> WORK INSTRUCTIONS: From the first line of the entries below to the line with "retrieve_keeps [] count copied = refl", give each line again exactly.

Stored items
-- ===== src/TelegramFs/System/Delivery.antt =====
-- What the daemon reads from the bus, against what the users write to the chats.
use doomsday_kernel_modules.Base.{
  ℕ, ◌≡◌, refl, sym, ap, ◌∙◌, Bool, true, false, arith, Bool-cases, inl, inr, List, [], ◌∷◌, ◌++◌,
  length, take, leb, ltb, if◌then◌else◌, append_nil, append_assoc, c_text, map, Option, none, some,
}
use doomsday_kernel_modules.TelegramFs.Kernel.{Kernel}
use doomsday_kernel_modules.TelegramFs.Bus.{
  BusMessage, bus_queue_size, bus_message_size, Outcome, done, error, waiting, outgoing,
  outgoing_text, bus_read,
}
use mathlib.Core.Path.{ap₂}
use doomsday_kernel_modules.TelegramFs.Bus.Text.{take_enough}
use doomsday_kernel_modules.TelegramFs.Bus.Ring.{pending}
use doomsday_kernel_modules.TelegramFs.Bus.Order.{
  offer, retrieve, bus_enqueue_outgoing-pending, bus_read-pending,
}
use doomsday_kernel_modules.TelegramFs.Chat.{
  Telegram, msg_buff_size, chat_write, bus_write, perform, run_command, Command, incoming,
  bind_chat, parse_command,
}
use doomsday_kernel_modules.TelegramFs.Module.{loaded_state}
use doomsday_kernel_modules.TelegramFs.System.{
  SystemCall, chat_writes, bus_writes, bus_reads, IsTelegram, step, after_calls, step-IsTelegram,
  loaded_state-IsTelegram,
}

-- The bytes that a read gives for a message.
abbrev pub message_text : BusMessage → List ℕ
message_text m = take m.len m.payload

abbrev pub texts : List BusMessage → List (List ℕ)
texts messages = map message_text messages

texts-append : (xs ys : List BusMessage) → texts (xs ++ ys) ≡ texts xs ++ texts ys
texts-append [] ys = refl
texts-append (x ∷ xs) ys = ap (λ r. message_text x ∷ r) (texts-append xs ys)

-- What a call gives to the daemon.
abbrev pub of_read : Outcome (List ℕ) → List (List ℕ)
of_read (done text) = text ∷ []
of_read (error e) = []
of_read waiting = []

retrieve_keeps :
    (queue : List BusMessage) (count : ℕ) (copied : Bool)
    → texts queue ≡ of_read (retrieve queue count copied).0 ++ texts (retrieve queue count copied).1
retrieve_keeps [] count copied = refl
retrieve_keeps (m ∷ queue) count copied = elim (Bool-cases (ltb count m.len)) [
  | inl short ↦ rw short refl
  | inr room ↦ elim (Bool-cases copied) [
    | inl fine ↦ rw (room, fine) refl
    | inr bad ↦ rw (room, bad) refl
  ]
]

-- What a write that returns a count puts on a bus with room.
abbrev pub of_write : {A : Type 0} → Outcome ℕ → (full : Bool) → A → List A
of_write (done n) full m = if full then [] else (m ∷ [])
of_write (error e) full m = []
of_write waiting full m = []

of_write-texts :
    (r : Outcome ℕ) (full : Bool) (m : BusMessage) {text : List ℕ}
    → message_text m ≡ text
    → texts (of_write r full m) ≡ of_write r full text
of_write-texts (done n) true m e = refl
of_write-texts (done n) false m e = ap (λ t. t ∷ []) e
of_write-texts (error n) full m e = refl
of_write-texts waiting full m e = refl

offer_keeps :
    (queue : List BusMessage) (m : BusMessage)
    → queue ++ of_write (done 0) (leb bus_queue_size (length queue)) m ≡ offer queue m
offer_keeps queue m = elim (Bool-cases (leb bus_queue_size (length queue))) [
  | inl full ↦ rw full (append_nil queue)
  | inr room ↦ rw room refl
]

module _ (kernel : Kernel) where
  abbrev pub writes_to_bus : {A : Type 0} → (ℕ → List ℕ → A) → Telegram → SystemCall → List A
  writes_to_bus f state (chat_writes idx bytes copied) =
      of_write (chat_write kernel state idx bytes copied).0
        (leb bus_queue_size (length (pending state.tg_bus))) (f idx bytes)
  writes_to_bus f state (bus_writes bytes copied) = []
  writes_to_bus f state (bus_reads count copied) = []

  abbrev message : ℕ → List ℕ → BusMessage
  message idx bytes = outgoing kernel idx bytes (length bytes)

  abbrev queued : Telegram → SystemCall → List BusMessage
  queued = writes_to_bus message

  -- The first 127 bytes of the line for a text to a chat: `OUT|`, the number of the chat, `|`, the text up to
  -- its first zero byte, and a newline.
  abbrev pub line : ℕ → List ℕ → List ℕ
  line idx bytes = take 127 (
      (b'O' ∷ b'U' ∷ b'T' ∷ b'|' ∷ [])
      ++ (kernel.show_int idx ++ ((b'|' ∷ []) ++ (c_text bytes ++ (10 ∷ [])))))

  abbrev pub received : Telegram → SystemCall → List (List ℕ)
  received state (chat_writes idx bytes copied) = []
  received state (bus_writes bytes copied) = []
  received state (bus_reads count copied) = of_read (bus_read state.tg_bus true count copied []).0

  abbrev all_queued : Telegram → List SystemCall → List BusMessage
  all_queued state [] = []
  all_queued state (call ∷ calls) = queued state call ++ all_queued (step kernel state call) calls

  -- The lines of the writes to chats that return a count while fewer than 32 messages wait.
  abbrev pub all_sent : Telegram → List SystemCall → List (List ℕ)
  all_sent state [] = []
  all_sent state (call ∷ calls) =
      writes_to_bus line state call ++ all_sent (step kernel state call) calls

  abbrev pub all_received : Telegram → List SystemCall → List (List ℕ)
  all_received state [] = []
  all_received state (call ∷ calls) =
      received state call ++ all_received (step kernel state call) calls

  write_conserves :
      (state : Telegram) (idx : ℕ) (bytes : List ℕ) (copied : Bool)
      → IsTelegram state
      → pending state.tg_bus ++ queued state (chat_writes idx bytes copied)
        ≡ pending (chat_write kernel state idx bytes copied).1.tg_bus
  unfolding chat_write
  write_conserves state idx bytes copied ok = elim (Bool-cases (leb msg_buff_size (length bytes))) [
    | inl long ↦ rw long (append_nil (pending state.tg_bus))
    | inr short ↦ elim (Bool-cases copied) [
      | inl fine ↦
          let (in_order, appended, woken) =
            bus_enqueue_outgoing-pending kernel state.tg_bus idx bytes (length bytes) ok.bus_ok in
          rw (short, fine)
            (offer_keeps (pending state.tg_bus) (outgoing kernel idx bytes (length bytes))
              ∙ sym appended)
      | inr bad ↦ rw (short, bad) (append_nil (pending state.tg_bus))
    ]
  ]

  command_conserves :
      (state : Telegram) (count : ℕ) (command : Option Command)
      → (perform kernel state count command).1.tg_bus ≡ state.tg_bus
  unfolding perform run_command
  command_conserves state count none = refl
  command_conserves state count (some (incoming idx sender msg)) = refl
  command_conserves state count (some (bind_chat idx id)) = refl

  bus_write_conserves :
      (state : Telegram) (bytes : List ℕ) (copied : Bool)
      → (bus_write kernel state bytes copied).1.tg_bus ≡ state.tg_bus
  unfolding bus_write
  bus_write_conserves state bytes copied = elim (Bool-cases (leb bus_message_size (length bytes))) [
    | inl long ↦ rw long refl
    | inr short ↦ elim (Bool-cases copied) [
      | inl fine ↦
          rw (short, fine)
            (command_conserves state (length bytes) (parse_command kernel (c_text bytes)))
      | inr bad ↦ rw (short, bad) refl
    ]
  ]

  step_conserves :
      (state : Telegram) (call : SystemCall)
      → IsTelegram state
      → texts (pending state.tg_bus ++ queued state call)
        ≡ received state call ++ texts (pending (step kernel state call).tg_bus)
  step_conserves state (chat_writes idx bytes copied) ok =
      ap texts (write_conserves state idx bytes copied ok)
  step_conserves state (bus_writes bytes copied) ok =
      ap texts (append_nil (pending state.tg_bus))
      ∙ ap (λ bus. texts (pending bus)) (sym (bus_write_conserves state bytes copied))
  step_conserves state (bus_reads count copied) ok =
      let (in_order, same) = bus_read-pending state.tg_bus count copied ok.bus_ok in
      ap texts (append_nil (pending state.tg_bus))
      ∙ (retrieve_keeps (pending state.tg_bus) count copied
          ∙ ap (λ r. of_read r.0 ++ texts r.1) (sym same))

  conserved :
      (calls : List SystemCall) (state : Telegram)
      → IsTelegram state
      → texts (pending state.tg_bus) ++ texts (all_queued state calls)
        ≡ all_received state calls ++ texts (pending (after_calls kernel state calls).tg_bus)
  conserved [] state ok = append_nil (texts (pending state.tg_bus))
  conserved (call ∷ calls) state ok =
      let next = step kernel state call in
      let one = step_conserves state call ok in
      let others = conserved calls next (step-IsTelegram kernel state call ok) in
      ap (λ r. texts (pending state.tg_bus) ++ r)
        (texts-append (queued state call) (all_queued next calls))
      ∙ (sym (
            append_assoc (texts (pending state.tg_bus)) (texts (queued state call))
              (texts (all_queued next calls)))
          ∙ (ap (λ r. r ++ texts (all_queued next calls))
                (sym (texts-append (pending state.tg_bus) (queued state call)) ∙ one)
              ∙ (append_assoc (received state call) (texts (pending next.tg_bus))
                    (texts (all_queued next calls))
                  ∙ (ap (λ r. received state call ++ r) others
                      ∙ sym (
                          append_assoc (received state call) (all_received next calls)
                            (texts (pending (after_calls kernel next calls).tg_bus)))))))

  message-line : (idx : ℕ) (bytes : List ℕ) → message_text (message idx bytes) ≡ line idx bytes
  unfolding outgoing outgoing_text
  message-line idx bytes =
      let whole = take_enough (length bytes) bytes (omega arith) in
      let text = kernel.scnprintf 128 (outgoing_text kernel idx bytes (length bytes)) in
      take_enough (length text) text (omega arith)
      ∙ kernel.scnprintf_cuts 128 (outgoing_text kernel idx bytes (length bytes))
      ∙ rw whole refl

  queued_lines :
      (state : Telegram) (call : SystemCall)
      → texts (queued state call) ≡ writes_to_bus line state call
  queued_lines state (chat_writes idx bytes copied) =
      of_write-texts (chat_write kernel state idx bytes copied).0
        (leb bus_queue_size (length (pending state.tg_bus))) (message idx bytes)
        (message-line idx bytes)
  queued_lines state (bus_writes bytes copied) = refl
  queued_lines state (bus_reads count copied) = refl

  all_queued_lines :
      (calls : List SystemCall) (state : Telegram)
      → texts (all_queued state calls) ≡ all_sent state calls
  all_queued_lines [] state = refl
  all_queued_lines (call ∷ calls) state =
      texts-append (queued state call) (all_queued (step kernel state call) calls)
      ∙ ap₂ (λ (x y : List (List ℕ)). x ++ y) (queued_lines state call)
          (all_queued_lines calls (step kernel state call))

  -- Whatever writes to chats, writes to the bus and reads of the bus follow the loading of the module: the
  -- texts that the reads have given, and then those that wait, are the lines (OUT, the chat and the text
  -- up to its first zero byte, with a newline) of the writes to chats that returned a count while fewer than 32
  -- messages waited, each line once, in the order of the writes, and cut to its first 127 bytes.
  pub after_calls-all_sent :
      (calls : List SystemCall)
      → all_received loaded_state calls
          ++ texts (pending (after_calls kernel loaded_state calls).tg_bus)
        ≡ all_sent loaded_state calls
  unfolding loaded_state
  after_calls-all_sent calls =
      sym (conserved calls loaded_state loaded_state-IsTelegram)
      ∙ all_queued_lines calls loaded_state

> EXERCISE OUTPUT:
-- ===== src/TelegramFs/System/Delivery.antt =====
-- What the daemon reads from the bus, against what the users write to the chats.
use doomsday_kernel_modules.Base.{
  ℕ, ◌≡◌, refl, sym, ap, ◌∙◌, Bool, true, false, arith, Bool-cases, inl, inr, List, [], ◌∷◌, ◌++◌,
  length, take, leb, ltb, if◌then◌else◌, append_nil, append_assoc, c_text, map, Option, none, some,
}
use doomsday_kernel_modules.TelegramFs.Kernel.{Kernel}
use doomsday_kernel_modules.TelegramFs.Bus.{
  BusMessage, bus_queue_size, bus_message_size, Outcome, done, error, waiting, outgoing,
  outgoing_text, bus_read,
}
use mathlib.Core.Path.{ap₂}
use doomsday_kernel_modules.TelegramFs.Bus.Text.{take_enough}
use doomsday_kernel_modules.TelegramFs.Bus.Ring.{pending}
use doomsday_kernel_modules.TelegramFs.Bus.Order.{
  offer, retrieve, bus_enqueue_outgoing-pending, bus_read-pending,
}
use doomsday_kernel_modules.TelegramFs.Chat.{
  Telegram, msg_buff_size, chat_write, bus_write, perform, run_command, Command, incoming,
  bind_chat, parse_command,
}
use doomsday_kernel_modules.TelegramFs.Module.{loaded_state}
use doomsday_kernel_modules.TelegramFs.System.{
  SystemCall, chat_writes, bus_writes, bus_reads, IsTelegram, step, after_calls, step-IsTelegram,
  loaded_state-IsTelegram,
}

-- The bytes that a read gives for a message.
abbrev pub message_text : BusMessage → List ℕ
message_text m = take m.len m.payload

abbrev pub texts : List BusMessage → List (List ℕ)
texts messages = map message_text messages

texts-append : (xs ys : List BusMessage) → texts (xs ++ ys) ≡ texts xs ++ texts ys
texts-append [] ys = refl
texts-append (x ∷ xs) ys = ap (λ r. message_text x ∷ r) (texts-append xs ys)

-- What a call gives to the daemon.
abbrev pub of_read : Outcome (List ℕ) → List (List ℕ)
of_read (done text) = text ∷ []
of_read (error e) = []
of_read waiting = []

retrieve_keeps :
    (queue : List BusMessage) (count : ℕ) (copied : Bool)
    → texts queue ≡ of_read (retrieve queue count copied).0 ++ texts (retrieve queue count copied).1
retrieve_keeps [] count copied = refl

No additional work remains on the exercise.